● EXERCISE INSTRUCTIONS: Nothing outside the range is wanted. Repeat exactly the lines below from the one with "asked_client (connected api)" through the one with "then computed (ok (valid_proof ∷ []))".

════════════════════

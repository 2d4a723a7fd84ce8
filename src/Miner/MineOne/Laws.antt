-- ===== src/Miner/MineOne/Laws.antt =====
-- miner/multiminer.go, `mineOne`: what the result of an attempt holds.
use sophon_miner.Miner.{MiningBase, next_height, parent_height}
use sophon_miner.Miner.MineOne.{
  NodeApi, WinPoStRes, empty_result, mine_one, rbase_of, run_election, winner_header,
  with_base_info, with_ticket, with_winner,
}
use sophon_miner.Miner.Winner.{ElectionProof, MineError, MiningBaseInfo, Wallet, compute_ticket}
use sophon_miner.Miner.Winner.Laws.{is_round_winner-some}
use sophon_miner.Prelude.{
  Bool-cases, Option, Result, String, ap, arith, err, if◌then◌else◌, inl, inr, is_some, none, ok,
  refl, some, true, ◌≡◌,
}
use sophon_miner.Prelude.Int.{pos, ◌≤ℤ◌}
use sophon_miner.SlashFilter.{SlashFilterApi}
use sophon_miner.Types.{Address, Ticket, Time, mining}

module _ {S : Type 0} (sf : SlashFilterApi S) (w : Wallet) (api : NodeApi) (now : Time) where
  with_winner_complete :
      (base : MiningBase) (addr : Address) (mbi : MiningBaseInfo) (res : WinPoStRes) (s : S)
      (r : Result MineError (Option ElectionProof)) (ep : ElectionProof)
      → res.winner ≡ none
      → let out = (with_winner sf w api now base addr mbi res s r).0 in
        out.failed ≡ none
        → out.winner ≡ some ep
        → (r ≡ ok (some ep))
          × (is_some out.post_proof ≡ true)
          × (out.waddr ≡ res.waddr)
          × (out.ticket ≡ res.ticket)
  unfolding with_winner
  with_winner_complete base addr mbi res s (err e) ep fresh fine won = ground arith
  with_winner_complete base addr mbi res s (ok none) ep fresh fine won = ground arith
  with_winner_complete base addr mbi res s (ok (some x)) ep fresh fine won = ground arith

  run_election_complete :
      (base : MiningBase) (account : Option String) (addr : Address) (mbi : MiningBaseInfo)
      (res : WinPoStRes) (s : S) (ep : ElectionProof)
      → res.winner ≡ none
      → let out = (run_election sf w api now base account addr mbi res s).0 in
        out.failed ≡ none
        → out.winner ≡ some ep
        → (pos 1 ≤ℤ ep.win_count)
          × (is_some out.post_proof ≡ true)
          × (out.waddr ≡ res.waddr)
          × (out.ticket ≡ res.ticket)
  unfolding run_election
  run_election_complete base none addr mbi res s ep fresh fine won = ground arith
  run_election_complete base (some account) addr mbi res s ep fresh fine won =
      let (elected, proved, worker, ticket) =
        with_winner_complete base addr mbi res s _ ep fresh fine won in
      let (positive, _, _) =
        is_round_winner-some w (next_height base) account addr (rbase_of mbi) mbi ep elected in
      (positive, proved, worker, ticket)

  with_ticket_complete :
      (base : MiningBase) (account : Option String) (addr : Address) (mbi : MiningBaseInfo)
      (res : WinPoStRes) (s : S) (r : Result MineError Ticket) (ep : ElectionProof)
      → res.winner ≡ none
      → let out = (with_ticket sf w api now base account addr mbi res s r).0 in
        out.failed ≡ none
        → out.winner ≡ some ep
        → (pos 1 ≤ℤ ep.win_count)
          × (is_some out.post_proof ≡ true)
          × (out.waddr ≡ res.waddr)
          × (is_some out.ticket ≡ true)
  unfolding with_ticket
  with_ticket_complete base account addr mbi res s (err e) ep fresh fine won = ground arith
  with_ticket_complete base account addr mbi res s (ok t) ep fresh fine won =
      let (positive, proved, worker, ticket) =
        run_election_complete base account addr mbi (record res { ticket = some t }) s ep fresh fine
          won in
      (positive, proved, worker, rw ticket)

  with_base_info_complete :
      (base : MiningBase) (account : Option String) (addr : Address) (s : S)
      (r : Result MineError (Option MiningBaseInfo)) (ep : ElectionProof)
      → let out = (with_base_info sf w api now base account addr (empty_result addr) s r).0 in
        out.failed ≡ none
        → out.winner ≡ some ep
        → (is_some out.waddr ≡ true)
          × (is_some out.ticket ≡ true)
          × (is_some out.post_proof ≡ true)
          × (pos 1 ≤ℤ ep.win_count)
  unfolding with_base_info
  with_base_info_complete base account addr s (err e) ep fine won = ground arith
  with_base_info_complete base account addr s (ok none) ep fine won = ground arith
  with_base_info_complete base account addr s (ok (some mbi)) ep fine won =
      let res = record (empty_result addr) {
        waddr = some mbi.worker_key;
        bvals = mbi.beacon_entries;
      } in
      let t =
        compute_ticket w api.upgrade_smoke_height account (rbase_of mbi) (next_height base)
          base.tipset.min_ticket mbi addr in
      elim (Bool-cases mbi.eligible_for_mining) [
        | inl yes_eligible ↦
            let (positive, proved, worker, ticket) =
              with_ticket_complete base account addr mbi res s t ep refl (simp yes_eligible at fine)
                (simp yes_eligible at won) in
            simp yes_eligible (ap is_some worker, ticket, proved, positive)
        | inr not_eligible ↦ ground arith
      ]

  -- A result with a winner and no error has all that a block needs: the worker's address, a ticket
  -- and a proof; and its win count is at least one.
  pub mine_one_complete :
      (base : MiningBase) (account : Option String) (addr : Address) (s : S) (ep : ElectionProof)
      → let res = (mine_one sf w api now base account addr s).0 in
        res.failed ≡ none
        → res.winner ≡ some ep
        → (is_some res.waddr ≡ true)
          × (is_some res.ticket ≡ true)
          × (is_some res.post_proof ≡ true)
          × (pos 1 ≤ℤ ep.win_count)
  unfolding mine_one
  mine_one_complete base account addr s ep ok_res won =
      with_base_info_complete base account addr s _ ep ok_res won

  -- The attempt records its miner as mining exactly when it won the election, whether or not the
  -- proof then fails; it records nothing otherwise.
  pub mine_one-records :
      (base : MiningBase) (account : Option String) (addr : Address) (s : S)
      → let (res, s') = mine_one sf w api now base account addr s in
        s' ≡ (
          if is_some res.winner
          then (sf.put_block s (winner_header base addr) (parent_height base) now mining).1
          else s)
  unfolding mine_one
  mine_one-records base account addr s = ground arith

════════════════════

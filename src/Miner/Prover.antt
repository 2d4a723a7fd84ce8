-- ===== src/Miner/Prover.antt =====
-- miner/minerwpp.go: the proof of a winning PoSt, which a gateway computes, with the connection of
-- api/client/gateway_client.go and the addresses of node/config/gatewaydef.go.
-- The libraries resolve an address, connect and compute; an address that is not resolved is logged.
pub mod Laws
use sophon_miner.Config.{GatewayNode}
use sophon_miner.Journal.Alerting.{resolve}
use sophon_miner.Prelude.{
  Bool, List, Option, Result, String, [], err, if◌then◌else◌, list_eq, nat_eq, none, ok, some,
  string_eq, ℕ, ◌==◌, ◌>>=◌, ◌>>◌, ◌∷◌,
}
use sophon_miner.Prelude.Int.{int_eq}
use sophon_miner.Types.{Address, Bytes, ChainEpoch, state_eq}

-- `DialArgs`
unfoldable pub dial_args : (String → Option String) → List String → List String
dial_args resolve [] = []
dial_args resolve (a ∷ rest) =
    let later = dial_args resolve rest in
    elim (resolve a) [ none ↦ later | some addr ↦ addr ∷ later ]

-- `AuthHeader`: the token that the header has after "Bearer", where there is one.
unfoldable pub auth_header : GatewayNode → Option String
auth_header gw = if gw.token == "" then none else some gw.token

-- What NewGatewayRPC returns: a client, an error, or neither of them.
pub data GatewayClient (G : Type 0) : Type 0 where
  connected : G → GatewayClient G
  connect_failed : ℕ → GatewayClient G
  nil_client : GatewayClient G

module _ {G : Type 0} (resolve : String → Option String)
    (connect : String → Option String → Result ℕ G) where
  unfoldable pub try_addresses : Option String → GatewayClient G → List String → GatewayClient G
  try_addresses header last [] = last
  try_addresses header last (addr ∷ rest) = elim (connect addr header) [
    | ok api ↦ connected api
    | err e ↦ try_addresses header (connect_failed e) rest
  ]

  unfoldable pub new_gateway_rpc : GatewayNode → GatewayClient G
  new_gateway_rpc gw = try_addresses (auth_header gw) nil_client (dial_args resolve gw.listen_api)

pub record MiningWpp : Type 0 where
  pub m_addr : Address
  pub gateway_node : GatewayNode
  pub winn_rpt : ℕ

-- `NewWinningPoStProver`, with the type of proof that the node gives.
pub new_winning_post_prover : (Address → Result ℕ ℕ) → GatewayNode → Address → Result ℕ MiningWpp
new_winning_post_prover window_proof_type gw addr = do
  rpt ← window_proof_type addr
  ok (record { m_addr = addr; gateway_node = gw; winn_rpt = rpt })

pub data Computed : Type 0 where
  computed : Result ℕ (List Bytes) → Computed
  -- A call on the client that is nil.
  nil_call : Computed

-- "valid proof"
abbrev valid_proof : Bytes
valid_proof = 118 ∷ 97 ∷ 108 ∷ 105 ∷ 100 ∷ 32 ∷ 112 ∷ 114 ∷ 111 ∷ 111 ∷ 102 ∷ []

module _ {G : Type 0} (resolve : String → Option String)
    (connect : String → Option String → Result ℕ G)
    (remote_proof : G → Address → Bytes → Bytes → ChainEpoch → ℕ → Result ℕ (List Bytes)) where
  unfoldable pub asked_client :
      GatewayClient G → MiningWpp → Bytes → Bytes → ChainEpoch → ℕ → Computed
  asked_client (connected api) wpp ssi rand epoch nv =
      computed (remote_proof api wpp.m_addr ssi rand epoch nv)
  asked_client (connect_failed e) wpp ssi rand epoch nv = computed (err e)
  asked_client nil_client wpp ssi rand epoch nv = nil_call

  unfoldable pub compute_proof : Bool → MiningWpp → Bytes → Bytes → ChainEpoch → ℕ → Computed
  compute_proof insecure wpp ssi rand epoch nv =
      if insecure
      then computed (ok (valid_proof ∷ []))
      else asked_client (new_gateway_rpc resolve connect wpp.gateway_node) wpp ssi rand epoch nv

════════════════════

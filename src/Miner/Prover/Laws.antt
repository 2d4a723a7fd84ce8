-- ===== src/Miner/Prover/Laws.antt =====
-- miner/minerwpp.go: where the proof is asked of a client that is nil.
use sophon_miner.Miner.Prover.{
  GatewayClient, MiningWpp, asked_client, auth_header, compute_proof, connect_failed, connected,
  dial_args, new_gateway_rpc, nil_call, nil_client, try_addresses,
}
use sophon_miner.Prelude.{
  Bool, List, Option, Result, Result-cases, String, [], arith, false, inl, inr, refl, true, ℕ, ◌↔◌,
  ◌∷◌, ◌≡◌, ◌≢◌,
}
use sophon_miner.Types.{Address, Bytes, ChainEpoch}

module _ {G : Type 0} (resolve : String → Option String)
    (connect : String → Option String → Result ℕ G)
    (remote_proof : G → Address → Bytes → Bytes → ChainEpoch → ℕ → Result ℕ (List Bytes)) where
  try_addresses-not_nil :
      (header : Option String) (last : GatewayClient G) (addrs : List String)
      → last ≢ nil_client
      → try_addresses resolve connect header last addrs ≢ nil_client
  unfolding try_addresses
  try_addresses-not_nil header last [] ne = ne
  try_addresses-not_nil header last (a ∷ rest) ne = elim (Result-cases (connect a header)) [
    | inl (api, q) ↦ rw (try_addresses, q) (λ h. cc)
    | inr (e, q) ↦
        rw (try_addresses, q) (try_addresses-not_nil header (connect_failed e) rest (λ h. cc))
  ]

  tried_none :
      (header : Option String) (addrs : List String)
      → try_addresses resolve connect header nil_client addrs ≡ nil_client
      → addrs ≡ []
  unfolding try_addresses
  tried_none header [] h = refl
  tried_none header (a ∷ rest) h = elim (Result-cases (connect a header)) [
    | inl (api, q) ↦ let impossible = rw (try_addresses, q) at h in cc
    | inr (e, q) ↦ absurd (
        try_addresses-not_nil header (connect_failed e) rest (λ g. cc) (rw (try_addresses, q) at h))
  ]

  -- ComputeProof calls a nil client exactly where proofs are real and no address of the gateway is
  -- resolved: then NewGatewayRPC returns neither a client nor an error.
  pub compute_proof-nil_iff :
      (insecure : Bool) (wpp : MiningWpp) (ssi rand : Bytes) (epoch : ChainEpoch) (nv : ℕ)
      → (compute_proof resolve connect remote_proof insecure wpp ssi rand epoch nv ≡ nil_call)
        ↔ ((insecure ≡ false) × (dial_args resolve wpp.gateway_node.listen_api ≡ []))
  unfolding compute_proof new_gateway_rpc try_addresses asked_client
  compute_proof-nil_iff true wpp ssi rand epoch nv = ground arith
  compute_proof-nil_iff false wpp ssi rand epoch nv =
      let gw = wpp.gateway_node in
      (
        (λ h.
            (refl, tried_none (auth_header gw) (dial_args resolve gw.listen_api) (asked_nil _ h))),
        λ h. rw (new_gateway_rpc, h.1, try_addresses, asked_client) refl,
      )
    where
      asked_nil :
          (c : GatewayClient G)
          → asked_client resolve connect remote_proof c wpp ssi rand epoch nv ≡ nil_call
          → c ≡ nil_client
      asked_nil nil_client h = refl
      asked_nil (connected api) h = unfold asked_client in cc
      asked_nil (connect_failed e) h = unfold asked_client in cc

════════════════════

● TASK RESULT:
  asked_client (connected api) wpp ssi rand epoch nv =
      computed (remote_proof api wpp.m_addr ssi rand epoch nv)
  asked_client (connect_failed e) wpp ssi rand epoch nv = computed (err e)
  asked_client nil_client wpp ssi rand epoch nv = nil_call

  unfoldable pub compute_proof : Bool → MiningWpp → Bytes → Bytes → ChainEpoch → ℕ → Computed
  compute_proof insecure wpp ssi rand epoch nv =
      if insecure
      then computed (ok (valid_proof ∷ []))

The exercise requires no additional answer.